[[ SUPPLIED RECORDS open ]]
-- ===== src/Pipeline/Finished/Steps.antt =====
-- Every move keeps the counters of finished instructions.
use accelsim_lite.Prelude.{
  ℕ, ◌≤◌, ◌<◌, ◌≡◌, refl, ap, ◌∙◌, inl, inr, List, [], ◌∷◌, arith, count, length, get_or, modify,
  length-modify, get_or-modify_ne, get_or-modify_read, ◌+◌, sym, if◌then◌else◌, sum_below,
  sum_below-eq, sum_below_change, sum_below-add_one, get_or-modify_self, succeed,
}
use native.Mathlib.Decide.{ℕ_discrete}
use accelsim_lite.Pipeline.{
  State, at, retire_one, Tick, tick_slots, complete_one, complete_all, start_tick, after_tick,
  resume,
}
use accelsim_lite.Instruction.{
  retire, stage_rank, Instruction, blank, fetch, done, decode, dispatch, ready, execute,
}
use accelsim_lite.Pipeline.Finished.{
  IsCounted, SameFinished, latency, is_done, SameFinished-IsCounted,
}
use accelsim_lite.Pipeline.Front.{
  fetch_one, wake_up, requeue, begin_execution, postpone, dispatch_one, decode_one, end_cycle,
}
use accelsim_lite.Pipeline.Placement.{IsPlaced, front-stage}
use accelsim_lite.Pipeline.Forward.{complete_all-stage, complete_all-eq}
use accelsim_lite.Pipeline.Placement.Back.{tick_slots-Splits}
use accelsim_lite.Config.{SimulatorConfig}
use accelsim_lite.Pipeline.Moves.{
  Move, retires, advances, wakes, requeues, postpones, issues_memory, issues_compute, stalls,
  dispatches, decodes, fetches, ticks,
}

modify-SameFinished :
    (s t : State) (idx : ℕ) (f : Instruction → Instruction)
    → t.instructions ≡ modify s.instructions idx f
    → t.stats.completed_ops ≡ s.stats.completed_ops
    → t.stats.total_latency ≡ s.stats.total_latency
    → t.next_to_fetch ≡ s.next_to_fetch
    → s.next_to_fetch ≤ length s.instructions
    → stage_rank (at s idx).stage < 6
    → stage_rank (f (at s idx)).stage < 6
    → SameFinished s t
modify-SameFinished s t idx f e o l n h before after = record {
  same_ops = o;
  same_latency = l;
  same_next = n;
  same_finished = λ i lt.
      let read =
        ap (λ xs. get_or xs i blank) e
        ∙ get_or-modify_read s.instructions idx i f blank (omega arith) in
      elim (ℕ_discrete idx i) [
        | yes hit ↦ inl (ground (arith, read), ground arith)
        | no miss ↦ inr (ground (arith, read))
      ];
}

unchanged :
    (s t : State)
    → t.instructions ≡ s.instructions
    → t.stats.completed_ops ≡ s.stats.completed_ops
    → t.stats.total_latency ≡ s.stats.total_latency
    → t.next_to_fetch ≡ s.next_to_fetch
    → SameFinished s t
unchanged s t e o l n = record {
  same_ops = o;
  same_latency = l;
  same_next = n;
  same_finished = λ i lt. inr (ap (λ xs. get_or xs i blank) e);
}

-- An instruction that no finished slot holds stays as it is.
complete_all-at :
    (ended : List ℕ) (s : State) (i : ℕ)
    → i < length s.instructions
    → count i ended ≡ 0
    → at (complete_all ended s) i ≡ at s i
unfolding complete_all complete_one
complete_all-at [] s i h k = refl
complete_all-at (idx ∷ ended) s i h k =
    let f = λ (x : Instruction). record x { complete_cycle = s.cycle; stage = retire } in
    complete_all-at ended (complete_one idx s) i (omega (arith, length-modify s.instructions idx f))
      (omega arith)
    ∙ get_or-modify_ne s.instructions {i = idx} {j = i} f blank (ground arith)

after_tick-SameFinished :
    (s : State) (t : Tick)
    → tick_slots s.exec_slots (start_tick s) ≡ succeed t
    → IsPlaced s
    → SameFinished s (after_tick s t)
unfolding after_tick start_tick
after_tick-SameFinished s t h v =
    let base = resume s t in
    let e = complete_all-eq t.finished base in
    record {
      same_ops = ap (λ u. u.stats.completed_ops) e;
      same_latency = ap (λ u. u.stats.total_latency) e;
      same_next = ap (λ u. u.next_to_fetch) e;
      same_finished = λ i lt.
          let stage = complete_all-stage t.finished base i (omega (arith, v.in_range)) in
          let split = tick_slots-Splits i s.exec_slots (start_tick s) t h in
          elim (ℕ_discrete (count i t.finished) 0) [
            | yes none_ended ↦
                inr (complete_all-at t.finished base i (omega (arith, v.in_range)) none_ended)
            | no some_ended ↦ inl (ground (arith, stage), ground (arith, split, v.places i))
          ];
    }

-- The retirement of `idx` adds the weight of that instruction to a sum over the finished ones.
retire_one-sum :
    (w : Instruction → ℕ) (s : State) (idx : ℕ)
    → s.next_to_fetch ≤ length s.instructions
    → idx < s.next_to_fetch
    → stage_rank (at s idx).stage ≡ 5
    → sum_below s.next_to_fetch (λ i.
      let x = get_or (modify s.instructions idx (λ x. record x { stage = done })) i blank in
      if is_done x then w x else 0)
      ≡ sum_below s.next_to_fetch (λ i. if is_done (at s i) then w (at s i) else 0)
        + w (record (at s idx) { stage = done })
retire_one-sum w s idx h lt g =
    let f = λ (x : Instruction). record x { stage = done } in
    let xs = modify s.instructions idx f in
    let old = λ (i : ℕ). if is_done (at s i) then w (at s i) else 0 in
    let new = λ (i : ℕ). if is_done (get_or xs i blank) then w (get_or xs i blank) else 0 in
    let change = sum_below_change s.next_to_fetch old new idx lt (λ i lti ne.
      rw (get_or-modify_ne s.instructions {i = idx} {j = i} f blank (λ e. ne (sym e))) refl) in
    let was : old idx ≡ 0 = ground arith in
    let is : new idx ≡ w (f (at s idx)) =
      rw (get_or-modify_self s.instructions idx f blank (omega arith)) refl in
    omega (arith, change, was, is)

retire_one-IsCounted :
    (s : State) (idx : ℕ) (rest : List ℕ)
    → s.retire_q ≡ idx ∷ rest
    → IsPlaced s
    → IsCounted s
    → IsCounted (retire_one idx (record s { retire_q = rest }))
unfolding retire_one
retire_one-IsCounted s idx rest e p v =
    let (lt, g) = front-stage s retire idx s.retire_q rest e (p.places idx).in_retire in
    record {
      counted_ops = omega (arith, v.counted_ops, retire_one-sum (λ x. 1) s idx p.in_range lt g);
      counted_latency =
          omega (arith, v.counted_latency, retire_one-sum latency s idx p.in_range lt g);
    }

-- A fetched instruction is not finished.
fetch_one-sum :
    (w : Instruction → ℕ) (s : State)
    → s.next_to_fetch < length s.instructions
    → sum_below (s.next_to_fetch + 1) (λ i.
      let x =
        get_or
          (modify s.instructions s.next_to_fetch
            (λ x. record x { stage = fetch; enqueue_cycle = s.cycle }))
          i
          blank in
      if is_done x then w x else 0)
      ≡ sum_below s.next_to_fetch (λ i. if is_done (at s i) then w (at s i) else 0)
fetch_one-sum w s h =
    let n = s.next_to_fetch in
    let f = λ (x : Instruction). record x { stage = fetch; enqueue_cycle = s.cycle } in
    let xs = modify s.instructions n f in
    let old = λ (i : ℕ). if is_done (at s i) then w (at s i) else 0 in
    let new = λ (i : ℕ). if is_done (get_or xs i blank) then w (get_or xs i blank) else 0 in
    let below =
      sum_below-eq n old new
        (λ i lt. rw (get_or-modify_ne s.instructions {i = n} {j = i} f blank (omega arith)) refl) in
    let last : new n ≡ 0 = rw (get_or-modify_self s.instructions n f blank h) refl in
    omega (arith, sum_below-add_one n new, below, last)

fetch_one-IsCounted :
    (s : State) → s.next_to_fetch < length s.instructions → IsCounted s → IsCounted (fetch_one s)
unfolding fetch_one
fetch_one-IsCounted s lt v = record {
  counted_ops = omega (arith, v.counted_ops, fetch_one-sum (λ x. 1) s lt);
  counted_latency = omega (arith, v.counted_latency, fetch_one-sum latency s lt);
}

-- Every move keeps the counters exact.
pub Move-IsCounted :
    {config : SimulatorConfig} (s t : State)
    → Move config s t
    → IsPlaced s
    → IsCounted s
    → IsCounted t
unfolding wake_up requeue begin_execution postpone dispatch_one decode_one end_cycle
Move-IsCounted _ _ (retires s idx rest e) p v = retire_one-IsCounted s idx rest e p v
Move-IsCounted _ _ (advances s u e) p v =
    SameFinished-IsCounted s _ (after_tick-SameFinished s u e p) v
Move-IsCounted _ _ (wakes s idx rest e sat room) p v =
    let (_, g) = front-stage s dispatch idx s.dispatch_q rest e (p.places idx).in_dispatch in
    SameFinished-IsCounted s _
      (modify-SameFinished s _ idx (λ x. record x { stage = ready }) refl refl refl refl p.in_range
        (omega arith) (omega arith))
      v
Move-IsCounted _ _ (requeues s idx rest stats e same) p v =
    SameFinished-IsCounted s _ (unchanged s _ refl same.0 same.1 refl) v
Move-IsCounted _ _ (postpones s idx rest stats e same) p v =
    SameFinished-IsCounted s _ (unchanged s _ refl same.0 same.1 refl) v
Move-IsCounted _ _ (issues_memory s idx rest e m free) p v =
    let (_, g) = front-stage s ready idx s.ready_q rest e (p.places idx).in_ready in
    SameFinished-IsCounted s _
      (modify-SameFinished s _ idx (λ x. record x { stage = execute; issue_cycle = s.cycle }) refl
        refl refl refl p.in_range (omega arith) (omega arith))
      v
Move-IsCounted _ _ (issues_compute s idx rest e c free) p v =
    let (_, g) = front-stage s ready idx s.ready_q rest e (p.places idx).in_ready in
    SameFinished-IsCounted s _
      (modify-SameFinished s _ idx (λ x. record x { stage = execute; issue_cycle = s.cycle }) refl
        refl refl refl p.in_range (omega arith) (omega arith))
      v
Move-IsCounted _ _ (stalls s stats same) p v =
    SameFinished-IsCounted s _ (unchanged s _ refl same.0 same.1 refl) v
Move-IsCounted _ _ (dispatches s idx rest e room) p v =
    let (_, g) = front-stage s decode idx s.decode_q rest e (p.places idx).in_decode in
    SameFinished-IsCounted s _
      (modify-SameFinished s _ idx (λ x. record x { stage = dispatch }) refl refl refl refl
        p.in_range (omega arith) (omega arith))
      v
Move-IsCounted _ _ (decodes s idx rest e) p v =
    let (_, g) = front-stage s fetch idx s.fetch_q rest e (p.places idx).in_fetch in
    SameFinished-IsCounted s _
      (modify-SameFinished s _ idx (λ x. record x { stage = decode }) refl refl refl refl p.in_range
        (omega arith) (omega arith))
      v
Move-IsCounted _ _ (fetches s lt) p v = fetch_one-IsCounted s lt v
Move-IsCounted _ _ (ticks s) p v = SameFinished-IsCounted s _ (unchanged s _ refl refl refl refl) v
[[ SUPPLIED RECORDS closed ]]
▸ PROBLEM REQUIREMENTS
What is the number of lines in the data that include the word "succeed"? State only that number.

▸ REPLY TO THE TASK
2